= Beginning of Section =

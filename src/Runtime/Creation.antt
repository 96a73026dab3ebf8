-- ===== src/Runtime/Creation.antt =====
-- `gc_runtime_create`, `gc_runtime_destroy` and the thread contexts (src/core/runtime.c). What
-- `calloc` answers is an argument of each function that calls it.
use xgc.Barrier.{set_init}
use xgc.Heap
use xgc.Object.{Memory}
use xgc.Runtime.{Runtime, Stats, GcConfig, Vtable, call_if, gc_state_running}
use xgc.Runtime.Config.{zeroed, apply_default_config}
use xgc.Runtime.Contract.{validate_contracts}
use xgc.Prelude.{
  ℕ, Bool, true, not, Option, none, some, List, [], if◌then◌else◌, Ptr, null, replicate,
}

abbrev pub initial_worklist_capacity : ℕ
initial_worklist_capacity = 256

abbrev pub zeroed_stats : Stats
zeroed_stats = record {
  total_allocated = 0;
  peak_allocated = 0;
  minor_collections = 0;
  major_collections = 0;
  full_collections = 0;
}

abbrev pub config_of : Option GcConfig → GcConfig
config_of none = apply_default_config zeroed
config_of (some cfg) = apply_default_config cfg

-- The runtime before the algorithm's `global_init`.
unfoldable pub initial_runtime :
    {S : Type 0} → Option GcConfig → Option (List Ptr) → Memory → Runtime S
initial_runtime cfg scan_roots memory = record {
  cfg = config_of cfg;
  heap = Heap.init (config_of cfg).gc_large_object_threshold;
  barriers = set_init (config_of cfg).gc_region_size;
  stats = zeroed_stats;
  algo_state = none;
  handles = [];
  worklist_data = replicate initial_worklist_capacity null;
  worklist_allocated = true;
  worklist_capacity = initial_worklist_capacity;
  gc_state = gc_state_running;
  scan_roots = scan_roots;
  memory = memory;
}

abbrev pub chosen_algorithm : {S : Type 0} → Option (Vtable S) → Vtable S → Vtable S
chosen_algorithm none default = default
chosen_algorithm (some algo) default = algo

-- `default` is `xgc_default_algorithm()`. The answer is the runtime with the algorithm bound to it.
unfoldable pub create :
    {S : Type 0}
    → (runtime_granted worklist_granted : Bool) → Option GcConfig
    → Option (Vtable S)
    → Vtable S
    → Option (List Ptr)
    → Memory
    → Option (Vtable S × Runtime S)
create runtime_granted worklist_granted cfg algo default scan_roots memory =
    let bound = chosen_algorithm algo default in
    let rt = initial_runtime cfg scan_roots memory in
    if not runtime_granted
    then none
    else if not (validate_contracts (some bound) scan_roots)
    then none
    else if not worklist_granted
    then none
    else some (bound, elim bound.global_init [ none ↦ rt | some init ↦ init rt rt.cfg ])

-- What is left of the runtime is the memory it shares with the VM. The handles are freed before the
-- algorithm's own state is.
unfoldable pub destroy : {S : Type 0} → Vtable S → Runtime S → Memory
destroy algo rt = (call_if algo.global_destroy (record rt { handles = [] })).memory

pub record ThreadContext : Type 0 where
  pub vm_thread_ctx : Ptr

unfoldable pub thread_attach :
    {S : Type 0} → Bool → Vtable S → Runtime S → Ptr → Option ThreadContext × Runtime S
thread_attach granted algo rt vm_thread_ctx =
    if not granted
    then (none, rt)
    else (some (record { vm_thread_ctx = vm_thread_ctx }), call_if algo.thread_init rt)

unfoldable pub thread_detach :
    {S : Type 0} → Vtable S → Runtime S → Option ThreadContext → Runtime S
thread_detach algo rt none = rt
thread_detach algo rt (some thread) = call_if algo.thread_destroy rt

= End of Section =

#### DIRECTIONS FOR THIS TASK
Which lines of the entries above contain the string "replicate"? Copy each one.

#### EXERCISE OUTPUT
  ℕ, Bool, true, not, Option, none, some, List, [], if◌then◌else◌, Ptr, null, replicate,
  worklist_data = replicate initial_worklist_capacity null;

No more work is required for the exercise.